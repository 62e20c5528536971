-- ===== src/Order/Prices.antt =====
-- The prices of a requested service package agree with its quantity, whatever is called on it.
use vz.Common.{
  ℕ, ◌*◌, ◌≡◌, refl, sym, ap, ◌∙◌, chain, String, Option, none, some, arith, List, Bool-cases, inl,
  inr, ◌==◌,
}
use vz.Common.Int.{pos, ◌-ℤ◌, ◌*ℤ◌}
use vz.Common.Results.{ok, required, >>=-eq-ok, >>-eq-ok, ok-injective, throw_if}
use vz.Order.Report.{TechnicalReport, TechnicalNote, num_of_notes, replace_notes, is_blank}
use vz.Order.Reports.{num_of_notes-generate, replace_notes_lem}
use vz.Order.Quotation.{StringMethods}
use vz.Order.Pricing.{ServicePackage, Price, RequestedServicePackage}
use vz.Order.Package.{
  snapshot, report_for, regroup, change_service_package, change_quantity,
  revise_from_new_quotations, change_service_package_group_quantity, apply_group_quantity,
  new_requested_service_package, replace_notes_in_technical_report,
}

pub record IsPriced (quantity : ℕ) (p : Price) : Type 0 where
  pub sub_total : p.sub_total ≡ pos quantity *ℤ p.unit_price
  pub total : p.total ≡ pos quantity *ℤ p.discounted_unit_price
  pub discount : p.discount_amount ≡ p.sub_total -ℤ p.total

pub record IsSettled (r : RequestedServicePackage) : Type 0 where
  pub consumer : IsPriced r.quantity r.consumer
  pub service_provider : IsPriced r.quantity r.service_provider
  pub minutes : r.total_service_minutes ≡ r.quantity * r.unit_service_minutes
  pub reported :
      (t : TechnicalReport) × (r.technical_report ≡ some t) × (num_of_notes t ≡ r.quantity)

-- `technicalReport?.numOfNotes() !== quantity`: the report of the package has a note for each unit.
num_of_notes-report_for :
    (quantity : ℕ) (old : Option TechnicalReport)
    → num_of_notes (report_for quantity old) ≡ quantity
num_of_notes-report_for quantity none = num_of_notes-generate quantity
num_of_notes-report_for quantity (some t) = ground (arith, num_of_notes-generate quantity)

module _ (texts : StringMethods) where
  change_quantity-IsSettled :
      (quantity : ℕ) (r : RequestedServicePackage) → IsSettled (change_quantity texts quantity r)
  unfolding change_quantity
  change_quantity-IsSettled quantity r = record {
    consumer = ground arith;
    service_provider = ground arith;
    minutes = ground arith;
    reported = (
      report_for quantity r.technical_report,
      ground arith,
      ground (arith, num_of_notes-report_for quantity r.technical_report),
    );
  }

  apply_group_quantity-IsSettled :
      (n : ℕ) (r : RequestedServicePackage)
      → IsSettled r
      → IsSettled (apply_group_quantity texts n r)
  unfolding apply_group_quantity
  apply_group_quantity-IsSettled n r h = record {
    consumer = ground arith;
    service_provider = ground arith;
    minutes = ground arith;
    reported = (h.reported.0, ground arith, ground arith);
  }

  ungrouped-IsSettled :
      (r : RequestedServicePackage)
      → IsSettled r
      → IsSettled (record r { service_package_group_quantity = 0 })
  ungrouped-IsSettled r h = ground arith

  regroup-IsSettled :
      (n : Option ℕ) (r : RequestedServicePackage) → IsSettled r → IsSettled (regroup texts n r)
  unfolding regroup
  regroup-IsSettled none r h = ungrouped-IsSettled r h
  regroup-IsSettled (some n) r h = elim (Bool-cases (n == 0)) [
    | inl empty ↦ rw empty (ungrouped-IsSettled r h)
    | inr present ↦ rw present (apply_group_quantity-IsSettled n r h)
  ]

  pub change_service_package_group_quantity-IsSettled :
      (groups : ℕ → Option ℕ) (r : RequestedServicePackage)
      → IsSettled r
      → IsSettled (change_service_package_group_quantity texts groups r)
  unfolding change_service_package_group_quantity
  change_service_package_group_quantity-IsSettled groups r h =
      regroup-IsSettled (chain r.service_package_group_code groups) r h

  -- What is called on a package after its construction.
  pub data Change (r : RequestedServicePackage) : RequestedServicePackage → Type 0 where
    revised :
        (svp : ServicePackage) (quantity : ℕ)
        → Change r (revise_from_new_quotations texts svp quantity r)
    requantified : (quantity : ℕ) → Change r (change_quantity texts quantity r)
    grouped :
        (groups : ℕ → Option ℕ) → Change r (change_service_package_group_quantity texts groups r)
    noted :
        (notes : List TechnicalNote) {r' : RequestedServicePackage}
        → replace_notes_in_technical_report notes r ≡ ok r'
        → Change r r'

  pub data Changes (r : RequestedServicePackage) : RequestedServicePackage → Type 0 where
    here : Changes r r
    next : {s t : RequestedServicePackage} → Changes r s → Change s t → Changes r t

  replace_notes_in_technical_report-IsSettled :
      (notes : List TechnicalNote) (r r' : RequestedServicePackage)
      → replace_notes_in_technical_report notes r ≡ ok r'
      → IsSettled r
      → IsSettled r'
  unfolding replace_notes_in_technical_report
  replace_notes_in_technical_report-IsSettled notes r r' e h =
      let (t, there, e') = >>=-eq-ok (required r.technical_report) _ e in
      let (t', replaced, e'') = >>=-eq-ok (replace_notes notes t) _ e' in
      let same = (replace_notes_lem notes t t' replaced).1 in
      let (old, known, counted) = h.reported in
      let t-old : t ≡ old = ok-injective (sym there ∙ ap (required) known) in
      rw (← ok-injective e'') (record {
        consumer = h.consumer;
        service_provider = h.service_provider;
        minutes = h.minutes;
        reported = (t', refl, same ∙ ap num_of_notes t-old ∙ counted);
      })

  Change-IsSettled : {r s : RequestedServicePackage} → Change r s → IsSettled r → IsSettled s
  unfolding revise_from_new_quotations
  Change-IsSettled {r = r} (revised svp quantity) h =
      change_quantity-IsSettled quantity (change_service_package texts svp r)
  Change-IsSettled {r = r} (requantified quantity) h = change_quantity-IsSettled quantity r
  Change-IsSettled {r = r} (grouped groups) h =
      change_service_package_group_quantity-IsSettled groups r h
  Change-IsSettled {r = r} {s = s} (noted notes e) h =
      replace_notes_in_technical_report-IsSettled notes r s e h

  Changes-IsSettled : {r s : RequestedServicePackage} → Changes r s → IsSettled r → IsSettled s
  Changes-IsSettled here h = h
  Changes-IsSettled (next c d) h = Change-IsSettled d (Changes-IsSettled c h)

  -- A package that the constructor has made, and whatever revisions, changes of its quantity or of
  -- its group's and technical notes followed: its subtotals and totals, the consumer's and the
  -- service provider's, are its quantity times the original and the discounted unit price, its
  -- discounts are their differences, its minutes are those of its units, and its report has one
  -- note for each unit.
  pub new_requested_service_package-IsSettled :
      (quantity : ℕ) (state : String) (svp : ServicePackage) {r s : RequestedServicePackage}
      → new_requested_service_package texts quantity state svp ≡ ok r
      → Changes r s
      → IsSettled s
  unfolding new_requested_service_package revise_from_new_quotations
  new_requested_service_package-IsSettled quantity state svp made changes =
      let e = >>-eq-ok (throw_if (is_blank (some (texts.trim state))) _) _ made in
      Changes-IsSettled changes (
        rw (← ok-injective e) (
          change_quantity-IsSettled quantity
            (change_service_package texts svp (snapshot (some state) svp))))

──────

Only lines holding the word "Bool" belong in the answer; copy each one from the material.

■ Response to the exercise
  ℕ, ◌*◌, ◌≡◌, refl, sym, ap, ◌∙◌, chain, String, Option, none, some, arith, List, Bool-cases, inl,
  regroup-IsSettled (some n) r h = elim (Bool-cases (n == 0)) [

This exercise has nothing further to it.